= Gelman-Rubin statistic =

Statement about the convergence of Monte Carlo simulations

The Gelman-Rubin statistic allows a statement about the convergence of Monte Carlo simulations.

== Definition ==
Monte Carlo simulations (chains) are started with different initial values. The samples from the respective burn-in phases are discarded.
From the samples $x_{1}^{(j)},\dots, x_{L}^{(j)}$ (of the j-th simulation), the variance between the chains and the variance in the chains is estimated:
$\overline{x}_j=\frac{1}{L}\sum_{i=1}^L x_i^{(j)}$ Mean value of chain j
$\overline{x}_*=\frac{1}{J}\sum_{j=1}^J \overline{x}_j$ Mean of the means of all chains
$B=\frac{L}{J-1}\sum_{j=1}^J (\overline{x}_j-\overline{x}_*)^2$ Variance of the means of the chains
$W=\frac{1}{J} \sum_{j=1}^J \left(\frac{1}{L-1} \sum_{i=1}^L (x^{(j)}_i-\overline{x}_j)^2\right)$ Averaged variances of the individual chains across all chains

An estimate of the Gelman-Rubin statistic $R$ then results as
$R=\frac{\frac{L-1}{L}W+\frac{1}{L}B}{W}$.

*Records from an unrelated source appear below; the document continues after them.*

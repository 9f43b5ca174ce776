-- ===== src/Mbuf/Queue.antt =====
-- qstack/src/include/mbuf_queue.h, as it is compiled: DIRECT_CIRCULAR_QUEUE, so that a queue of
-- packet buffers is a direct circular queue and its mempool is not used.
use qstack.Common.{ℕ, zero, suc, ◌+◌, Option, none, some, ◌==◌, if◌then◌else◌, ◌>>=◌, Ptr, null}
use qstack.Cirq.{Cirq, Ret, dir_cirq_init, dir_cirq_add, dir_cirq_get}
use qstack.Mbuf.{Store, mbuf_free}

unfoldable pub mbufq_init : Cirq → Ret × Cirq
mbufq_init q = dir_cirq_init q

unfoldable pub mbufq_enqueue : Cirq → Ptr → Ret × Cirq
mbufq_enqueue q mbuf = dir_cirq_add q mbuf

unfoldable pub mbufq_dequeue : Cirq → Ptr × Cirq
mbufq_dequeue q = dir_cirq_get q

-- The `while` loop of `mbufq_clear`, on fuel.
clear_loop : ℕ → Cirq → Store → Option (Cirq × Store)
clear_loop zero q s = none
clear_loop (suc fuel) q s =
    let (mbuf, q') = mbufq_dequeue q in
    let rest = (do s' ← mbuf_free mbuf s; clear_loop fuel q' s') in
    if mbuf == null then some (q', s) else rest

-- A queue holds fewer buffers than its size.
unfoldable pub mbufq_clear : Cirq → Store → Option (Cirq × Store)
unfolding clear_loop
mbufq_clear q s = clear_loop (q.size + 1) q s
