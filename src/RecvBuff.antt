-- ===== src/RecvBuff.antt =====
-- qstack/src/tcp_recv_buff.c and include/tcp_recv_buff.h, compiled with PRIORITY_RECV_BUFF. An
-- update of `*buff` returns the new buffer; `none` outside a result is a call that ends the
-- process or destroys other memory, or a loop that has run out of fuel.
pub mod Get
pub mod Order
pub mod Put
pub mod Tests
pub mod Waiting
use qstack.Common.{
  ℕ, zero, suc, ◌+◌, ◌*◌, Bool, ◌&&◌, not, Option, none, some, ◌==◌, if◌then◌else◌, ◌>>=◌, u8, ◌^◌,
  ◌-◌, u32, Ptr, null,
}
use qstack.Cirq.{Cirq, Mem, Ret, success, failed, truthy, cirq_add}
use qstack.Seq.{seq_leq, seq_gt}
use qstack.Mbuf.{
  MbufState, Store, write, MbufList, set_state, mbuf_free, mbuf_list_init, mbuf_list_pop,
  mbuf_list_append, mbuf_list_insert,
}
use qstack.Mbuf.Queue.{mbufq_init, mbufq_enqueue}

-- `struct tcp_recv_buffer`.
pub record RecvBuff : Type 0 where
  pub merged_q : Cirq
  pub ooo_list : MbufList
  pub high_q : Cirq
  pub size : ℕ
  pub init_seq : ℕ
  pub head_seq : ℕ
  pub merged_next : ℕ

abbrev pub seq_end : Store → Ptr → ℕ
seq_end s p = u32 ((s.cell p).tcp_seq + (s.cell p).payload_len)

-- The segment `p` ends before the segment `r` starts.
abbrev pub before : Store → Ptr → Ptr → Bool
before s p r = seq_leq (seq_end s p) (s.cell r).tcp_seq

-- The status of `ooo_insert` is kept in a `uint8_t`: FAILED, which is -2, becomes 254 there.
abbrev pub inserted_ok : ℕ
inserted_ok = 1

abbrev pub inserted_failed : ℕ
inserted_failed = u8 (2 ^ 32 - 2)

-- The `while` loop of `ooo_insert`, on fuel.
ooo_loop : ℕ → MbufList → Ptr → Ptr → Store → Option (ℕ × MbufList × Store)
ooo_loop zero l p mbuf s = none
ooo_loop (suc fuel) l p mbuf s =
    let next = (s.cell p).buf_next in
    let rest = ooo_loop fuel l next mbuf s in
    let inserted = mbuf_list_insert l p mbuf s in
    if next == null
    then some (inserted_failed, l, s)
    else if before s p mbuf && before s mbuf next
    then some (inserted_ok, inserted.0, inserted.1)
    else rest

-- Before the first segment the source calls `mbuf_list_add_head(mbuf, list)`, its two arguments the
-- wrong way round: each is read as the other type and memory outside both is written, which has no
-- outcome here.
unfoldable pub ooo_insert : ℕ → MbufList → Ptr → Store → Option (ℕ × MbufList × Store)
unfolding ooo_loop
ooo_insert fuel l mbuf s =
    let at_tail = mbuf_list_append l mbuf s in
    let inside = ooo_loop fuel l l.head mbuf s in
    if l.head == null
    then some (inserted_ok, record { head = mbuf; tail = mbuf }, s)
    else if before s l.tail mbuf
    then some (inserted_ok, at_tail.0, at_tail.1)
    else if before s mbuf l.head
    then none
    else inside

-- The memory of the buffers, and of the arrays that a `queue` pointer names.
pub record Machine : Type 0 where
  pub store : Store
  pub mem : Mem

-- `try_merge_ooo`, on fuel: the number of buffers that the user may read, with the new state. It
-- calls `cirq_add`, not `mbufq_enqueue`; the branch on its failure is never taken.
unfoldable pub try_merge_ooo : ℕ → RecvBuff → Machine → Option (ℕ × RecvBuff × Machine)
try_merge_ooo zero b w = none
try_merge_ooo (suc fuel) b w =
    let p = b.ooo_list.head in
    let m = w.store.cell p in
    let (_, l, s) = mbuf_list_pop b.ooo_list w.store in
    let b1 = record b { ooo_list = l } in
    let (ret, q, mem) = cirq_add b.merged_q w.mem p in
    let stale = (do s' ← mbuf_free p s; try_merge_ooo fuel b1 (record w { store = s' })) in
    let full = (do s' ← mbuf_free p s; some (0, b1, record w { store = s' })) in
    let merged = (do
      (n, b', w') ←
          try_merge_ooo fuel
            (record b1 { merged_q = q; merged_next = u32 (b.merged_next + m.payload_len) })
            (record { store = s; mem = mem })
      some ((if m.priority == 0 then n + 1 else n), b', w')) in
    if not (p == null) && seq_leq m.tcp_seq b.merged_next
    then (if not (m.tcp_seq == b.merged_next) then stale else if truthy ret then merged else full)
    else some (0, b, w)

-- `rcvbuf_size` is the field of the configuration.
unfoldable pub rb_init : ℕ → RecvBuff → ℕ → RecvBuff
rb_init rcvbuf_size b init_seq = record {
  merged_q = (mbufq_init b.merged_q).1;
  ooo_list = mbuf_list_init;
  high_q = (mbufq_init b.high_q).1;
  size = 1400 * rcvbuf_size;
  init_seq = init_seq;
  head_seq = init_seq;
  merged_next = init_seq;
}

-- The mark of a packet that the high-priority queue has taken.
abbrev hold : Store → Ptr → Store
hold s p = write s p (record (s.cell p) { holding = 1; mbuf_state = MbufState.rbuffed })

-- The first part of `rb_put`: the high-priority queue.
unfoldable pub put_high : RecvBuff → Ptr → Store → RecvBuff × Store
put_high b p s =
    let s1 = write s p (record (s.cell p) { holding = 0 }) in
    let (ret, q) = mbufq_enqueue b.high_q p in
    if (s.cell p).priority == 0
    then (b, s1)
    else (record b { high_q = q }, elim ret [ success ↦ hold s1 p | _ ↦ s1 ])

-- The last part: a packet of low priority is marked once it has a place.
abbrev pub settle : Ptr → Store → Store
settle p s = if (s.cell p).priority == 0 then set_state s p MbufState.rbuffed else s

-- The second part: `some n` in the result for n buffers to read, `none` for FAILED.
unfoldable pub put_merged : ℕ → RecvBuff → Ptr → Machine → Option (Option ℕ × RecvBuff × Machine)
unfolding try_merge_ooo ooo_insert
put_merged fuel b p w =
    let m = w.store.cell p in
    let (ret, q) = mbufq_enqueue b.merged_q p in
    let merged = (do
      (n, b', w') ←
          try_merge_ooo fuel
            (record b { merged_q = q; merged_next = u32 (m.tcp_seq + m.payload_len) }) w
      some (some (1 + n), b', record w' { store = settle p (w'.store) })) in
    let waiting = (do
      (r, l, s') ← ooo_insert fuel b.ooo_list p (w.store)
      (if r == inserted_ok
          then some (some 0, record b { ooo_list = l }, record w { store = settle p s' })
          else some (none, record b { ooo_list = l }, record w { store = s' }))) in
    if m.tcp_seq == b.merged_next
    then (if truthy ret then merged else some (none, record b { merged_q = q }, w))
    else waiting

unfoldable pub rb_put : ℕ → RecvBuff → Ptr → Machine → Option (Option ℕ × RecvBuff × Machine)
rb_put fuel b p w =
    let (b1, s1) = put_high b p (w.store) in
    if seq_gt (seq_end (w.store) p) (u32 (b.head_seq + b.size))
    then some (none, b, w)
    else put_merged fuel b1 p (record w { store = s1 })
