-- ===== src/RecvBuff/Get.antt =====
-- The other half of qstack/src/tcp_recv_buff.c: what the application reads, and giving up a buffer.
pub mod Merged
use qstack.Common.{
  ℕ, zero, suc, ◌+◌, ◌-◌, Bool, true, false, ◌&&◌, not, Option, none, some, ◌==◌, if◌then◌else◌,
  ◌>>=◌, u32, sub32, Ptr, null,
}
use qstack.Cirq.{Cirq}
use qstack.Mbuf.{MbufState, Store, write, mbuf_free, mbuf_list_free}
use qstack.Mbuf.Queue.{mbufq_dequeue, mbufq_clear}
use qstack.RecvBuff.{RecvBuff}

-- `mbuf_state == MBUF_STATE_RBUFFED`.
abbrev pub unread : MbufState → Bool
unread MbufState.rbuffed = true
unread _ = false

-- A packet of the high-priority queue that is also the next of `merged_q` leaves both.
abbrev pub take_high : RecvBuff → Ptr → Store → RecvBuff × Store
take_high b p s =
    let (first, q) = mbufq_dequeue b.merged_q in
    let m = s.cell p in
    let b1 = record b { merged_q = q } in
    if not (m.tcp_seq == b.head_seq) then (b, s) else if first == null then (b1, s) else (
      record b1 { head_seq = u32 (b.head_seq + m.payload_len) },
      write s p (record m { holding = 0 }),
    )

-- The loop of `try_get_high_mbuf`, on fuel: the packet, or NULL.
unfoldable pub try_get_high : ℕ → RecvBuff → Store → Option (Ptr × RecvBuff × Store)
try_get_high zero b s = none
try_get_high (suc fuel) b s =
    let (p, q) = mbufq_dequeue b.high_q in
    let b1 = record b { high_q = q } in
    let taken = take_high b1 p s in
    let rest = (do s' ← mbuf_free p s; try_get_high fuel b1 s') in
    if p == null
    then some (null, b1, s)
    else if unread (s.cell p).mbuf_state
    then some (p, taken.0, taken.1)
    else rest

-- That of `try_get_merged_mbuf`.
unfoldable pub try_get_merged : ℕ → RecvBuff → Store → Option (Ptr × RecvBuff × Store)
try_get_merged zero b s = none
try_get_merged (suc fuel) b s =
    let (p, q) = mbufq_dequeue b.merged_q in
    let b1 = record b { merged_q = q } in
    let b2 = record b1 { head_seq = u32 (b.head_seq + (s.cell p).payload_len) } in
    let rest = (do s' ← mbuf_free p s; try_get_merged fuel b2 s') in
    if p == null
    then some (null, b1, s)
    else if unread (s.cell p).mbuf_state
    then some (p, b2, s)
    else rest

-- `mbuf_get_payload_ptr` gives NULL for a packet without a length of its TCP header, and the
-- process ends. A queue holds fewer packets than its size.
unfoldable pub rb_get : RecvBuff → Store → Option (Ptr × RecvBuff × Store)
rb_get b s = do
  (h, b1, s1) ← try_get_high (suc b.high_q.size) b s
  let merged = try_get_merged (suc b.merged_q.size) b1 s1
  (p, b2, s2) ← (if h == null then merged else some (h, b1, s1))
  if not (p == null) && ((s2.cell p).l4_len == 0) then none else some (p, b2, s2)

unfoldable pub rb_clear : ℕ → RecvBuff → Store → Option (RecvBuff × Store)
rb_clear fuel b s = do
  (q1, s1) ← mbufq_clear b.merged_q s
  (l, s2) ← mbuf_list_free fuel b.ooo_list s1
  (q2, s3) ← mbufq_clear b.high_q s2
  some (record b { merged_q = q1; ooo_list = l; high_q = q2 }, s3)

unfoldable pub rb_merged_len : RecvBuff → ℕ
rb_merged_len b = sub32 b.merged_next b.head_seq

unfoldable pub rb_update_seq : RecvBuff → ℕ → RecvBuff
rb_update_seq b init_seq = record b {
  init_seq = init_seq;
  head_seq = init_seq;
  merged_next = init_seq;
}
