-- ===== src/Engine/Kept.antt =====
-- desktop/src/engine/mod.rs: the operations besides `on_message` keep the invariant of the engine.
use antarloka.Prelude.{
  ℕ, ◌≡◌, refl, Bool, List, [], ◌∷◌, Option, arith, list_eq, nat_eq, Option-cases, inl, inr,
}
use antarloka.Prelude.Map.{
  Map, retain, lookup, remove, length-insert, length-remove-le, length-retain-le,
}
use antarloka.Text.{Str, Bytes}
use antarloka.Proto.Message.{Message, TransferId}
use antarloka.Security.Fingerprint.{DeviceId, device_id}
use antarloka.Security.Trust.Valid.{
  IsLossless, remove_key-IsValid, set_auto_accept-IsValid, set_blocked-IsValid,
}
use antarloka.Net.Discovery.{DiscoveredPeer}
use antarloka.Engine.State.{
  Inner, Params, Env, Conn, PeerEntry, EngineEvent, emit, send, send_raw, send_to, close,
}
use antarloka.Engine.Pairing.{save_trust}
use antarloka.Engine.Incoming.{abort_incoming}
use antarloka.Engine.Connection.{
  Handshaked, standing, new_conn, greet, open_connection, abort_all, transfers_from,
  fail_transfers_for, end_connection,
}
use antarloka.Engine.Commands.{
  key_for, disconnect, send_text, forget, set_device_auto_accept, set_device_blocked,
  cancel_incoming, cancel_transfer,
}
use antarloka.Engine.Housekeeping.{
  peer_info, on_beacon, is_alive, expired, report_lost, expire_peers, overdue, close_overdue,
  expire_pairings, ping_conns, ping_all,
}
use antarloka.Engine.Texts.{
  pairing_timed_out, cancelled_reason, cancelled_by_receiver, connection_closed,
}
use antarloka.Engine.Bounds.{same_table, abort_incoming-TransfersOk}
use antarloka.Engine.Frame.{abort_incoming-SameSessions}
use antarloka.Engine.Sessions.{kept}
use antarloka.Engine.Invariant.{IsWellFormed}

-- Neither a table nor the trust store changes.
pub record SameTables (s t : Inner) : Type 0 where
  pub conns : t.conns ≡ s.conns
  pub peers : t.peers ≡ s.peers
  pub trust : t.trust ≡ s.trust
  pub incoming : t.incoming ≡ s.incoming

pub SameTables-IsWellFormed : (s t : Inner) → SameTables s t → IsWellFormed s → IsWellFormed t
SameTables-IsWellFormed s t e w = record {
  sessions = record {
    conns = rw e.conns w.sessions.conns;
    peers = rw e.peers w.sessions.peers;
    trust = rw e.trust w.sessions.trust;
  };
  transfers = same_table s t e.incoming w.transfers;
}

pub report_lost-SameTables : (ids : List DeviceId) (s : Inner) → SameTables s (report_lost ids s)
unfolding report_lost emit
report_lost-SameTables [] s = record { conns = refl; peers = refl; trust = refl; incoming = refl }
report_lost-SameTables (id ∷ ids) s =
    ground (arith, report_lost-SameTables ids (emit s (EngineEvent.peer_lost id)))

pub ping_conns-SameTables : (m : Map DeviceId Conn) (s : Inner) → SameTables s (ping_conns m s)
unfolding ping_conns send
ping_conns-SameTables [] s = record { conns = refl; peers = refl; trust = refl; incoming = refl }
ping_conns-SameTables ((id, c) ∷ m) s =
    ground (arith, ping_conns-SameTables m (send s c.sender Message.ping))

abort_incoming-IsWellFormed :
    (env : Env) (s : Inner) (id : TransferId) (reason : Str)
    → IsWellFormed s
    → IsWellFormed (abort_incoming env s id reason)
abort_incoming-IsWellFormed env s id reason w = record {
  sessions =
      kept s (abort_incoming env s id reason) (abort_incoming-SameSessions env s id reason)
        w.sessions;
  transfers = abort_incoming-TransfersOk env s id reason w.transfers;
}

abort_all-IsWellFormed :
    (env : Env) (reason : Str) (ids : List TransferId) (s : Inner)
    → IsWellFormed s
    → IsWellFormed (abort_all env reason ids s)
unfolding abort_all
abort_all-IsWellFormed env reason [] s w = w
abort_all-IsWellFormed env reason (id ∷ ids) s w =
    abort_all-IsWellFormed env reason ids (abort_incoming env s id reason)
      (abort_incoming-IsWellFormed env s id reason w)

pub ping_all-IsWellFormed : (s : Inner) → IsWellFormed s → IsWellFormed (ping_all s)
unfolding ping_all
ping_all-IsWellFormed s w =
    SameTables-IsWellFormed s (ping_conns s.conns s) (ping_conns-SameTables s.conns s) w

pub expire_peers-IsWellFormed :
    (env : Env) (s : Inner) → IsWellFormed s → IsWellFormed (expire_peers env s)
unfolding expire_peers
expire_peers-IsWellFormed env s w =
    let s1 = record s { peers = retain (λ id e. is_alive env.now e) s.peers } in
    let w1 : IsWellFormed s1 =
      ground (arith, length-retain-le (λ (id : DeviceId) e. is_alive env.now e) s.peers) in
    SameTables-IsWellFormed s1 (report_lost (expired env.now s.peers) s1)
      (report_lost-SameTables (expired env.now s.peers) s1) w1

pub end_connection-IsWellFormed :
    (env : Env) (s : Inner) (d : DeviceId) (channel : ℕ) (reason : Str)
    → IsWellFormed s
    → IsWellFormed (end_connection env s d channel reason)
unfolding end_connection fail_transfers_for emit close
end_connection-IsWellFormed env s d channel reason w =
    let s1 = record (close s channel) { conns = remove d s.conns } in
    let w1 : IsWellFormed s1 = ground (arith, length-remove-le d s.conns) in
    ground (arith, abort_all-IsWellFormed env connection_closed (transfers_from d s.incoming) s1 w1)

module _ (px : Params) (env : Env) where
  pub close_overdue-SameTables :
      (late : List (DeviceId × ℕ)) (s : Inner) → SameTables s (close_overdue px late s)
  unfolding close_overdue emit close
  close_overdue-SameTables [] s = record {
    conns = refl;
    peers = refl;
    trust = refl;
    incoming = refl;
  }
  close_overdue-SameTables ((id, channel) ∷ late) s = ground (
    arith,
    close_overdue-SameTables late
        (emit (close s channel) (EngineEvent.notice (pairing_timed_out (px.show_id id)))),
  )

  pub open_connection-IsWellFormed :
      (s : Inner) (hs : Handshaked) (we_dialed : Bool) (expected : Option Bytes)
      → IsWellFormed s
      → IsWellFormed (open_connection px env s hs we_dialed expected).1
  unfolding open_connection greet emit send close
  open_connection-IsWellFormed s hs we_dialed expected w =
      let device = device_id px.blake2s hs.remote_static in
      let c : Conn = new_conn px env hs (standing px s hs.remote_static) in
      ground (arith, length-insert device c s.conns)

  pub on_beacon-IsWellFormed :
      (s : Inner) (p : DiscoveredPeer) → IsWellFormed s → IsWellFormed (on_beacon px env s p)
  unfolding on_beacon emit peer_info
  on_beacon-IsWellFormed s p w =
      let entry : PeerEntry = record { info = peer_info px s p; last_seen = env.now } in
      ground (arith, length-insert p.device_id entry s.peers)

  pub expire_pairings-IsWellFormed :
      (s : Inner) → IsWellFormed s → IsWellFormed (expire_pairings px env s)
  unfolding expire_pairings
  expire_pairings-IsWellFormed s w =
      SameTables-IsWellFormed s (close_overdue px (overdue env.now s.conns) s)
        (close_overdue-SameTables (overdue env.now s.conns) s) w

  pub send_text-IsWellFormed :
      (s : Inner) (d : DeviceId) (id : TransferId) (text : Str)
      → IsWellFormed s
      → IsWellFormed (send_text px env s d id text)
  unfolding send_text send_to send emit
  send_text-IsWellFormed s d id text w = ground arith

  pub cancel_transfer-IsWellFormed :
      (s : Inner) (id : TransferId) → IsWellFormed s → IsWellFormed (cancel_transfer px env s id)
  unfolding cancel_transfer cancel_incoming send_to send send_raw
  cancel_transfer-IsWellFormed s id w = elim (Option-cases (lookup id s.incoming)) [
    | inl e ↦ ground arith
    | inr (t, e) ↦
        let s1 =
          send_raw s t.from
            (Message.file_cancel (record { id = id; reason = cancelled_by_receiver })) in
        ground (arith, abort_incoming-IsWellFormed env s1 id cancelled_reason)
  ]

  module _ (lossless : IsLossless px.b64) where
    pub forget-IsWellFormed :
        (s : Inner) (d : DeviceId) → IsWellFormed s → IsWellFormed (forget px env s d)
    unfolding forget disconnect save_trust emit close
    forget-IsWellFormed s d w = elim (Option-cases (key_for px s d)) [
      | inl e ↦ ground arith
      | inr (key, e) ↦
          ground (arith, remove_key-IsValid px.b64 lossless s.trust key w.sessions.trust)
    ]

    pub set_device_auto_accept-IsWellFormed :
        (s : Inner) (d : DeviceId) (on : Bool)
        → IsWellFormed s
        → IsWellFormed (set_device_auto_accept px env s d on)
    unfolding set_device_auto_accept save_trust emit
    set_device_auto_accept-IsWellFormed s d on w = elim (Option-cases (key_for px s d)) [
      | inl e ↦ ground arith
      | inr (key, e) ↦
          ground (arith, set_auto_accept-IsValid px.b64 lossless s.trust key on w.sessions.trust)
    ]

    pub set_device_blocked-IsWellFormed :
        (s : Inner) (d : DeviceId) (b : Bool)
        → IsWellFormed s
        → IsWellFormed (set_device_blocked px env s d b)
    unfolding set_device_blocked disconnect save_trust emit close
    set_device_blocked-IsWellFormed s d b w = elim (Option-cases (key_for px s d)) [
      | inl e ↦ ground arith
      | inr (key, e) ↦
          ground (arith, set_blocked-IsValid px.b64 lossless s.trust key b w.sessions.trust)
    ]
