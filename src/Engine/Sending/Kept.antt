-- ===== src/Engine/Sending/Kept.antt =====
-- desktop/src/engine/mod.rs: what the sender leaves alone.
use antarloka.Prelude.{ℕ, Option, none, some, Result, arith, list_eq, nat_eq}
use antarloka.Text.{Str}
use antarloka.Fs.{FilePath}
use antarloka.Proto.Message.{TransferId}
use antarloka.Security.Fingerprint.{DeviceId}
use antarloka.Engine.State.{Inner, Params, Env, emit, send, send_to}
use antarloka.Engine.Sending.{
  Sender, ReadIo, at_end, bytes_read, read_error, finish_outgoing, give_up, offer_file, take_signal,
  take_answer, report_progress, send_read, send_round, end_send,
}
use antarloka.Engine.Kept.{SameTables}

pub take_answer-SameTables :
    (s : Inner) (x : Sender) (opened : Result (Unit {0}) Str)
    → SameTables s (take_answer s x opened).1
unfolding take_answer take_signal give_up finish_outgoing emit
take_answer-SameTables s x opened = ground arith

take_signal-SameTables : (s : Inner) (id : TransferId) → SameTables s (take_signal id s).1
unfolding take_signal
take_signal-SameTables s id = ground arith

module _ (px : Params) (env : Env) where
  pub offer_file-SameTables :
      (s : Inner) (to : DeviceId) (id : TransferId) (name : Str) (path : FilePath)
      (hashed : Option (Str × ℕ))
      → SameTables s (offer_file px env s to id name path hashed).1
  unfolding offer_file send_to send give_up finish_outgoing emit
  offer_file-SameTables s to id name path none = ground arith
  offer_file-SameTables s to id name path (some (sha, size)) = ground arith

  send_read-SameTables :
      (s : Inner) (x : Sender) (read : ReadIo) → SameTables s (send_read px env s x read).1
  unfolding send_read send_to send give_up finish_outgoing report_progress emit
  send_read-SameTables s x at_end = ground arith
  send_read-SameTables s x (bytes_read b) = ground arith
  send_read-SameTables s x (read_error e) = ground arith

  pub send_round-SameTables :
      (s : Inner) (x : Sender) (read : ReadIo) → SameTables s (send_round px env s x read).1
  unfolding send_round give_up finish_outgoing emit
  send_round-SameTables s x read =
      ground
        (arith, take_signal-SameTables s x.id, send_read-SameTables (take_signal x.id s).1 x read)

  pub end_send-SameTables : (s : Inner) (x : Sender) → SameTables s (end_send px env s x)
  unfolding end_send send_to send give_up finish_outgoing emit
  end_send-SameTables s x = ground arith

When L tends to infinity and B tends to zero, R tends to 1.

A different formula is given by Vats & Knudson.

== Alternatives ==
The Geweke Diagnostic compares whether the mean of the first x percent of a chain and the mean of the last y percent of a chain match.

== Literature ==
- Vats, Dootika (2021). "Revisiting the Gelman–Rubin Diagnostic"
- Gelman, Andrew (1992). "Inference from Iterative Simulation Using Multiple Sequences"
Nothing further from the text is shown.